Holiday Diet Additions Not Restrictions

In one of our most recent emails, we talked about the Holiday Diet Blues together. How joyous anticipation fills the air as we all stand on the starting line of another holiday season with several weeks of navigating parties, comments from relatives, influences from co-workers, and a constant supply of left-overs! Oh, those left-overs!
Keeping our health front of mind during this time can often feel more burdensome than nurturing, making it reasonable that we'd rather "sit it all down" until January. But what if there is a comfortable way to continue practicing Stewardship of our bodies without it creating internal conflict?

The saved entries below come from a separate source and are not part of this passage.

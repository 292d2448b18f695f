-- ===== src/Repo/Contracts.antt =====
-- internal/storage/sqlstore/contracts_repo.go
use contrato_core.Base.{
  ℕ, ◌+◌, String, Bool, Option, none, some, List, ◌&&◌, ◌||◌, not, any, select, take, ltb, leb, pos,
  negsuc, if◌then◌else◌, ◌==◌, nat_eq, string_eq, int_eq, pair_eq, map,
}
use contrato_core.Table.Distinct.{distinct_on}
use contrato_core.Table.History.{latest, has_version, row_at}
use contrato_core.Storage.{message, Page, PutOptions, ContractRecord}
use contrato_core.Storage.Server.{World, ContractRow, has_tenant, has_model}
use contrato_core.Repo.Versioned.{Versioned, max_version, check_expected, insert_row}
use contrato_core.Repo.ModelVersions.{default_to, pinned}
use contrato_core.Storage.Exec.{Exec, pure, query, query_row, reject_if, ◌>>=◌, ◌>>◌}

abbrev pub contract_key : ContractRow → String × String
contract_key r = (r.tenant_id, r.id)

abbrev pub contract_version : ContractRow → ℕ
contract_version r = r.version

-- `contracts`
abbrev pub contracts : Versioned ContractRow (String × String)
contracts = record {
  key = contract_key;
  version = contract_version;
  rows = λ d. d.contracts;
  put = λ rs d. record d { contracts = rs };
  admits = λ d r.
      has_tenant d r.tenant_id
      && (has_model d r.tenant_id r.model_id r.model_version
          && not (
              any (has_version contract_key contract_version (contract_key r) r.version)
                d.contracts));
}

unfoldable pub nullable_string : String → Option String
nullable_string s = if s == "" then none else some s

-- `if action.Valid { rec.Action = action.String }`
abbrev pub or_empty : Option String → String
or_empty none = ""
or_empty (some s) = s

unfoldable pub scan_contract : ContractRow → ContractRecord
scan_contract r = record {
  tenant_id = r.tenant_id;
  id = r.id;
  domain = r.domain;
  type = r.type;
  status = r.status;
  action = or_empty r.action;
  model_id = r.model_id;
  model_version = r.model_version;
  version = r.version;
  blob = r.blob;
  created_at = r.created_at;
  updated_at = 0;
}

unfoldable pub get_contract : String → String → Exec ContractRecord
get_contract tenant_id id = do
  r ← query_row λ w. latest contract_key contract_version (tenant_id, id) w.db.contracts
  pure (scan_contract r)

unfoldable pub get_contract_version : String → String → ℕ → Exec ContractRecord
get_contract_version tenant_id id v = do
  r ← query_row λ w. row_at contract_key contract_version (tenant_id, id) v w.db.contracts
  pure (scan_contract r)

contract_row : ContractRecord → String → ℕ → World → ContractRow
contract_row rec id v w = record {
  tenant_id = rec.tenant_id;
  id = id;
  domain = rec.domain;
  type = rec.type;
  status = rec.status;
  action = nullable_string rec.action;
  model_id = rec.model_id;
  model_version = rec.model_version;
  version = v;
  blob = rec.blob;
  created_at = w.server.now w.ran;
}

pub first_contract : ContractRecord → World → ContractRow
first_contract rec w = contract_row rec (w.server.uuid w.ran) 1 w

pub next_contract : ContractRecord → World → ContractRow
next_contract rec w =
    contract_row rec rec.id (max_version contracts (rec.tenant_id, rec.id) w + 1) w

abbrev pub filled_contract : ContractRecord → String × ℕ → ContractRecord
filled_contract rec m = record rec {
  domain = default_to "contract" rec.domain;
  model_id = m.0;
  model_version = m.1;
  blob = default_to "{}" rec.blob;
}

-- The checks of `Put` and its `INSERT … RETURNING`, before the row is scanned.
unfoldable pub append_contract : ContractRecord → PutOptions → Exec ContractRow
unfolding contract_row first_contract next_contract nullable_string
append_contract rec opts = do
  reject_if (rec.tenant_id == "") (message "tenant_id required")
  reject_if (rec.type == "") (message "type required")
  reject_if (rec.status == "") (message "status required")
  m ← pinned rec.tenant_id rec.model_id rec.model_version
  let rec' = filled_contract rec m
  if rec.id == "" then insert_row contracts (first_contract rec') else do
    check_expected contracts opts.expected_version (rec.tenant_id, rec.id)
    insert_row contracts (next_contract rec')

unfoldable pub put_contract : ContractRecord → PutOptions → Exec ContractRecord
unfolding append_contract scan_contract
put_contract rec opts = do r ← append_contract rec opts; pure (scan_contract r)

-- `limit <= 0 || limit > 200` gives 50.
abbrev pub contract_limit : Page → ℕ
contract_limit page = elim page.limit [
  | pos n ↦ if leb n 0 || ltb 200 n then 50 else n
  | negsuc n ↦ 50
]

abbrev pub has_type : String → String → String → ContractRow → Bool
has_type tenant_id domain type r =
    r.tenant_id == tenant_id && (r.domain == domain && r.type == type)

abbrev pub contract_before : (String → String → Bool) → String × String → String × String → Bool
contract_before before (_, id) (_, id') = before id id'

unfoldable pub list_by_type : String → String → String → Page → Exec (List ContractRecord)
unfolding scan_contract
list_by_type tenant_id domain type page = query λ w. map scan_contract (
    take (contract_limit page) (
      distinct_on contract_key contract_version (contract_before w.server.before)
        (select (has_type tenant_id (default_to "contract" domain) type) w.db.contracts)))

In keeping with our Benedictine CARE spirit to focus on what to add versus restrict, let's talk through a few tips together. These tips all support better blood sugar regulation, digestive health, and immune support.

Focus on what to add this holiday season

  1. Don’t skip breakfast: Too often we think we can make up for indulgences the night before by skipping breakfast. Skipping breakfast sets you up for what is called ‘compensatory eating’. This could contribute to you eating more later in the day and increasing cravings for more sweets and treats by early afternoon.
  2. Make breakfast really count: During the holidays, there are many times of day when you have less say over what is served, making it harder to find options that include produce. Start your day off with a nutrient-rich breakfast that is fiber-rich, balanced with protein and healthy fats, and lots of produce; get fruits and vegetables in early since you probably won’t get enough later in the day; have a breakfast blend made with kefir or Greek yogurt + flax + frozen berries, peaches, and cherries + fresh baby kale and/or spinach, and mint leaves.
  3. Breathe and know that you can reset behaviors during the day: If you had cookies with your lunch, gently wait 3-4 hours before eating again to give your digestion time to work; you can save thousands of calories a day by not constantly grazing on dense holiday foods.
  4. When it's been a few hours and you are excited to eat again - eat this first: 1) one serving of fruit or vegetable, AND 2) one additional fiber source (flax crackers, hummus or other bean dip, etc.) PLUS a glass of water; fiber reduces the rate sugar is absorbed in our bodies – it won’t negate everything, but it will help you feel full faster and give you some strength to decline that third (or fourth) cookie; and by adding just one serving of produce each time you eat – you’ll automatically ensure a minimum of 4 servings; this becomes significant in helping support your immune system while the sugar is trying to suppress it; and I’ll whisper this part – this effort will help keep you regular (you know how important this is and how fast regularity leaves you as you eat more cheese and cookies!)
  5. Give yourself permission to enjoy your traditional family recipes on the actual day of the holiday: Remember Christmas is only 1 day long not 4; I don’t even talk with clients about balancing traditional favorites; you should eat stuffing the way your grandma made it – just make them with as high of quality ingredients as you can; it’s what and how much we eat the 360 non-holiday days each year that matter way more.
  6. Get up and MOVE: Just 20 minutes of light activity right after a meal, like walking or making snow angels, helps push blood sugar into working muscles bringing insulin levels down. This is the same insulin that makes you feel so sluggish after a heavy meal (it's not the turkey!); even though moving is the last thing you feel like doing, moving is the best thing you can do to help you feel like doing anything else for the rest of the day like playing games with grandkids, digging through old family pictures, and making new family memories - all of those things that the holidays are really about!

This year, focus on what to do rather than what not to do. Learning just a few key things to help you navigate each challenge will leave you empowered, confident, and energetic during this wonderful time of year. This year you can avoid those pesky Holiday Diet Blues progressing to New Year's Day Holiday Diet Regret!